Was hast Du den für ein Betriebssystem installiert?
Habe nur einmal vernommen, dass man noch per Assistent (Windows XP Prof.) ein kleines Firmen oder Heimnetzwerk einrichten muss/sollte, damit die Kommunikation unter den PCs schlussendlich einwandfrei funktioniert. Auch wenn Du von Hand alles schon richtig eingegeben hast klappt es nicht, du musst den Assistenten durchgehen, damit es geht.

Ehrlich gesagt würde ich dies nicht so recht glauben, wenn ich es nicht selbst schon erlebt habe. Bei meinen PCs zu Hause muss ich auch nichts dergleichen machen, wird alles selbst erkannt und eingestellt sobald ich den einzelnen PCs die Adressen zugewiesen habe, bei einem Kollegen allerdings hatte ich das selbe Problem. Nach langem hin und her, dort versuchen und diese Einstellungen ändern, haben wir es dann mit dem Assistenten versucht und schon haben sich die PCs erkannt 

Frag mich bitte einfach nicht wieso, ich habe keine Ahnung.
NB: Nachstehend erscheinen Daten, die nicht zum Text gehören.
-- ===== src/Metadata/Layout.antt =====
-- ParseStorageLayout of src/zarr/array_metadata.cc, over metadata that ParseArrayMetadata has accepted.
use carta_zarr.Base.{
  ℕ, zero, suc, ◌<◌, ◌≡◌, refl, sym, ap, ◌∙◌, ◌⊎◌, inl, inr, true, List, [], ◌∷◌, map, Option, none,
  some, String, ok, arith, tests, if◌then◌else◌, ltb, Bool-cases, Option-cases, length, get_or, set,
  replicate, length-set, length-replicate, get_or-set_self, get_or-set_ne, ℕ_discrete,
}
use carta_zarr.Json.{View, non_negative, positive, positive_of, all_numbers}
use carta_zarr.Planes.{StorageLayout}
use carta_zarr.Metadata.{ArrayMetadata}
use carta_zarr.Metadata.Codecs.{
  FoundCodec, find_codec, is_transpose, transpose_order, axes_up, codec_names_are_strings,
}
use carta_zarr.Metadata.Parse.{transposes_hold, check_sharding, sized_numbers, require, invalid}
use carta_zarr.Metadata.Stored.{
  decoded_axes, place_inner, inner_shape, inner_codecs, outer_compressor, sharded_layout,
  parse_storage_layout,
}
use carta_zarr.Metadata.Named.{
  IsSearched, none_found, one_found, find_codec-IsSearched, find_compressor-some,
}
use carta_zarr.Metadata.Order.{IsOrder, axes_up-IsOrder, transpose_order-IsOrder}
use carta_zarr.Metadata.Members.{IsExtent, sized_numbers-IsExtent}
use carta_zarr.Metadata.Accepts.{IsAccepted}
use package.text.Mathlib.Text.{◌==◌ as ◌same_text◌}

length-map : (f : ℕ → ℕ) (xs : List ℕ) → length (map f xs) ≡ length xs
length-map f [] = refl
length-map f (x ∷ xs) = ap suc (length-map f xs)

get_or-map :
    (f : ℕ → ℕ) (xs : List ℕ) (i : ℕ) → i < length xs → get_or (map f xs) i 0 ≡ f (get_or xs i 0)
get_or-map f [] i h = absurd (omega arith)
get_or-map f (x ∷ xs) zero h = refl
get_or-map f (x ∷ xs) (suc i) h = get_or-map f xs i (omega arith)

-- One transpose after others.
IsOrder-compose :
    (rank : ℕ) (decoded order : List ℕ)
    → IsOrder rank decoded
    → IsOrder rank order
    → IsOrder rank (map (λ i. get_or decoded i 0) order)
IsOrder-compose rank decoded order d o = record {
  sized = length-map (λ i. get_or decoded i 0) order ∙ o.sized;
  below = λ i h. rw (at i h) (d.below (get_or order i 0) (o.below i h));
  onto = onto;
}
  where
    at :
        (i : ℕ)
        → i < rank
        → get_or (map (λ i. get_or decoded i 0) order) i 0 ≡ get_or decoded (get_or order i 0) 0
    at i h = get_or-map (λ i. get_or decoded i 0) order i (omega (arith, o.sized))

    onto :
        (j : ℕ)
        → j < rank
        → (i : ℕ) × (i < rank) × (get_or (map (λ i. get_or decoded i 0) order) i 0 ≡ j)
    onto j h =
        let (k, inside, same) = d.onto j h in
        let (i, within, here) = o.onto k inside in
        (i, within, at i within ∙ ap (λ a. get_or decoded a 0) here ∙ same)

-- The layout of an array whose shape has `rank` axes, stored in chunks of `chunk_shape`.
pub record IsLayout (rank : ℕ) (chunk_shape : List ℕ) (layout : StorageLayout) : Type 0 where
  pub chunks : IsExtent rank layout.chunk_shape
  pub shards : layout.shard_shape ≡ (if layout.sharded then chunk_shape else [])

module _ {J : Type 0} (view : J → View J) where
  decoded_axes-IsOrder :
      (rank : ℕ) (codecs : List J) (decoded : List ℕ)
      → transposes_hold view rank codecs ≡ true
      → IsOrder rank decoded
      → (axes : List ℕ) × (decoded_axes view rank codecs decoded ≡ some axes) × IsOrder rank axes
  unfolding decoded_axes transposes_hold
  decoded_axes-IsOrder rank [] decoded e d = (decoded, refl, d)
  decoded_axes-IsOrder rank (codec ∷ codecs) decoded e d =
      elim (Bool-cases (is_transpose view codec)) [
        | inr f ↦
            rw (f, decoded_axes)
              (decoded_axes-IsOrder rank codecs decoded (rw (f, transposes_hold) at e) d)
        | inl f ↦ elim (Option-cases (transpose_order view codec rank)) [
          | inl g ↦ absurd (let bad = (rw (f, g, transposes_hold) at e) in cc)
          | inr (order, g) ↦
              rw (f, g, decoded_axes)
                (decoded_axes-IsOrder rank codecs (map (λ i. get_or decoded i 0) order)
                  (rw (f, g, transposes_hold) at e)
                  (IsOrder-compose rank decoded order d
                    (transpose_order-IsOrder view codec rank order g)))
        ]
      ]

  -- Positive already, or one of the axes still to be placed.
  Placed : List ℕ → List ℕ → ℕ → Type 0
  Placed decoded shape j =
      (0 < get_or shape j 0) ⊎ ((i : ℕ) × (i < length decoded) × (get_or decoded i 0 ≡ j))

  positive_of-some : (o : Option ℕ) (n : ℕ) → positive_of view o ≡ some n → (o ≡ some n) × (0 < n)
  unfolding positive_of
  positive_of-some none n e = absurd cc
  positive_of-some (some k) n e = elim (Bool-cases (ltb 0 k)) [
    | inl f ↦ let one : k ≡ n = (let same = (rw f at e) in cc) in (ap some one, omega (tests, one))
    | inr f ↦ absurd (let bad = (rw f at e) in cc)
  ]

  Placed-set :
      (axis n : ℕ) (decoded shape : List ℕ) (j : ℕ)
      → 0 < n
      → j < length shape
      → Placed (axis ∷ decoded) shape j
      → Placed decoded (set shape axis n) j
  unfolding Placed
  Placed-set axis n decoded shape j pn h p = elim (ℕ_discrete axis j) [
    | yes same ↦
        inl (rw (ap (λ a. get_or (set shape a n) j 0) same, get_or-set_self shape j n 0 h) pn)
    | no other ↦ elim p [
      | inl here ↦ inl (rw (get_or-set_ne shape axis j n 0 other) here)
      | inr (zero, inside, at) ↦ absurd (other at)
      | inr (suc i, inside, at) ↦ inr (i, omega arith, at)
    ]
  ]

  place_inner-some :
      (decoded : List ℕ) (js : List J) (ns shape : List ℕ)
      → all_numbers view (positive view) js ≡ some ns
      → length decoded ≡ length js
      → (placed : List ℕ) × (place_inner view decoded js shape ≡ some placed)
        × (length placed ≡ length shape)
        × ((j : ℕ) → j < length shape → Placed decoded shape j → 0 < get_or placed j 0)
  unfolding place_inner all_numbers positive Placed
  place_inner-some [] js ns shape e len = (
    shape,
    refl,
    refl,
    λ j h p. elim p [ inl here ↦ here | inr (i, inside, at) ↦ absurd (omega arith) ],
  )
  place_inner-some (axis ∷ decoded) [] ns shape e len = absurd (omega arith)
  place_inner-some (axis ∷ decoded) (j ∷ js) ns shape e len =
      elim (Option-cases (positive_of view (non_negative view j))) [
        | inl gone ↦ absurd (let bad = (rw (gone, all_numbers) at e) in cc)
        | inr (n, given) ↦ elim (Option-cases (all_numbers view (positive view) js)) [
          | inl gone ↦ absurd (let bad = (rw (given, gone, all_numbers) at e) in cc)
          | inr (rest, more) ↦
              let (read, pn) = positive_of-some (non_negative view j) n given in
              let (placed, run, size, all) =
                place_inner-some decoded js rest (set shape axis n) more (omega arith) in
              rw (read, place_inner)
                (
                  placed,
                  run,
                  size ∙ length-set shape axis n,
                  λ k h p.
                      all k (omega (arith, length-set shape axis n))
                        (Placed-set axis n decoded shape k pn h p),
                )
        ]
      ]

  place_all-IsExtent :
      (rank : ℕ) (decoded : List ℕ) (js : List J) (ns : List ℕ)
      → IsOrder rank decoded
      → length decoded ≡ length js
      → all_numbers view (positive view) js ≡ some ns
      → (placed : List ℕ) × (place_inner view decoded js (replicate rank 0) ≡ some placed)
        × IsExtent rank placed
  unfolding Placed
  place_all-IsExtent rank decoded js ns order len read =
      let (placed, place, size, all) = place_inner-some decoded js ns (replicate rank 0) read len in
      let zeros : length {A = ℕ} (replicate rank 0) ≡ rank = length-replicate rank 0 in
      (
        placed,
        place,
        record {
          sized = size ∙ zeros;
          positive = λ j h.
              let (i, inside, at) = order.onto j h in
              all j (omega (arith, h, zeros)) (inr (i, omega (arith, inside, order.sized), at));
        },
      )

  -- What the check of a sharding codec that is found establishes.
  pub check_sharding-found :
      (rank : ℕ) (before : List J) (sharding : List (String × J)) (node : String)
      → check_sharding view (FoundCodec.found before sharding) rank node ≡ some (ok tt)
      → (inner : List J) × (ns : List ℕ) × (inner_shape view sharding ≡ some inner)
        × (length inner ≡ rank)
        × (all_numbers view (positive view) inner ≡ some ns)
        × (codec_names_are_strings view (inner_codecs view sharding) ≡ true)
  unfolding check_sharding
  check_sharding-found rank before sharding node e =
      elim (Option-cases (sized_numbers view rank (inner_shape view sharding))) [
        | inl f ↦ absurd (let bad = (rw (f, invalid) at e) in cc)
        | inr (ns, f) ↦
            let (inner, given, size, read, extent) =
              sized_numbers-IsExtent view rank (inner_shape view sharding) ns f in
            elim (Bool-cases (codec_names_are_strings view (inner_codecs view sharding))) [
              | inl g ↦ (inner, ns, given, size, read, g)
              | inr g ↦ absurd (let bad = (rw (f, g, require, invalid) at e) in cc)
            ]
      ]

  outer_compressor-some :
      (codecs : List J) (compressor : String)
      → codec_names_are_strings view codecs ≡ true
      → (name : String) × (outer_compressor view codecs compressor ≡ some name)
  unfolding outer_compressor
  outer_compressor-some codecs compressor named = elim (Bool-cases (compressor same_text "")) [
    | inl f ↦ rw f (find_compressor-some view codecs named)
    | inr f ↦ rw f (compressor, refl)
  ]

  sharded_layout-IsLayout :
      (shard_shape : List ℕ) (codecs before : List J) (sharding : List (String × J)) (node : String)
      → transposes_hold view (length shard_shape) before ≡ true
      → codec_names_are_strings view codecs ≡ true
      → check_sharding view (FoundCodec.found before sharding) (length shard_shape) node
        ≡ some (ok tt)
      → (layout : StorageLayout) × (sharded_layout view shard_shape codecs before sharding
          ≡ some layout)
        × IsLayout (length shard_shape) shard_shape layout
  unfolding sharded_layout
  sharded_layout-IsLayout shard_shape codecs before sharding node holds named check =
      let rank = length shard_shape in
      let (inner, ns, given, size, read, within) =
        check_sharding-found rank before sharding node check in
      let (decoded, run, order) =
        decoded_axes-IsOrder rank before (axes_up 0 rank) holds (axes_up-IsOrder rank) in
      let (placed, place, extent) =
        place_all-IsExtent rank decoded inner ns order (order.sized ∙ sym size) read in
      let (inner_compressor, found_inner) =
        find_compressor-some view (inner_codecs view sharding) within in
      let (compressor, found_outer) = outer_compressor-some codecs inner_compressor named in
      rw (run, given, place, found_inner, found_outer, sharded_layout)
        (_, refl, record { chunks = extent; shards = refl })

  storage_layout_of :
      (m : ArrayMetadata J) (f : FoundCodec J) (node : String)
      → find_codec view m.codecs "sharding_indexed" ≡ f
      → IsSearched view (length m.shape) m.codecs f
      → IsAccepted view m
      → check_sharding view f (length m.shape) node ≡ some (ok tt)
      → (layout : StorageLayout) × (parse_storage_layout view m ≡ some layout)
        × IsLayout (length m.shape) m.chunk_shape layout
  unfolding parse_storage_layout
  storage_layout_of m _ node same none_found v check =
      let (compressor, run) = find_compressor-some view m.codecs v.named in
      rw (same, run, parse_storage_layout) (_, refl, record { chunks = v.chunks; shards = refl })
  storage_layout_of m _ node same (one_found before sharding holds) v check =
      let rank : length m.chunk_shape ≡ length m.shape = v.chunks.sized in
      let (layout, run, is) =
        sharded_layout-IsLayout m.chunk_shape m.codecs before sharding node
          (rw rank (holds v.transposes)) v.named (rw rank check) in
      rw (same, run, parse_storage_layout) (layout, refl, (rw rank at is))

  -- ParseStorageLayout, of metadata that ParseArrayMetadata accepts, neither throws nor reads out of range:
  -- it gives a layout whose chunks have the rank of the array and no extent of zero, after the transposes
  -- and the sharding codec too, and whose shards are the array's chunks where it is sharded, and none where
  -- it is not.
  pub parse_storage_layout-IsLayout :
      (m : ArrayMetadata J)
      → IsAccepted view m
      → (layout : StorageLayout) × (parse_storage_layout view m ≡ some layout)
        × IsLayout (length m.shape) m.chunk_shape layout
  parse_storage_layout-IsLayout m v =
      let (node, check) = v.sharding in
      storage_layout_of m (find_codec view m.codecs "sharding_indexed") node refl
        (find_codec-IsSearched view (length m.shape) m.codecs "sharding_indexed" v.named) v check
Vielleicht weiss ja ein andere User hier über dieses Problem bescheid, würde mich auch noch interessieren.

Greets zögge


----------



## ChrisDongov (13. April 2005)

Hi,

weiß zwar auch nichts genaues zu dem Problem, habe aber trotzdem einen Lösungsvorschlag:

Wenn es nur darum geht Daten auszutauschen und du die IP Adressen kennst versuchs doch einfach mit nem FTP Server + Client. Das ist relativ einfach und dann sehr komfortabel. Zudem gibts da entsprechende Software auch als Freeware.


----------



## DerKleineBruder (13. April 2005)

Hi,

hast du eine Firewall aktiviert.
Wenn ja, solltest du dir das Regelwerk mal genauer ansehen.
Ich hatte ein ähnliches Problem. Da es bei ausgeschalteter Firewall funktionierte, habe ich die Regeln nochmal überarbeitet. War halt zu "sicher" eingestellt.

Gruß und viel Erfolg.

das Brüderchen


----------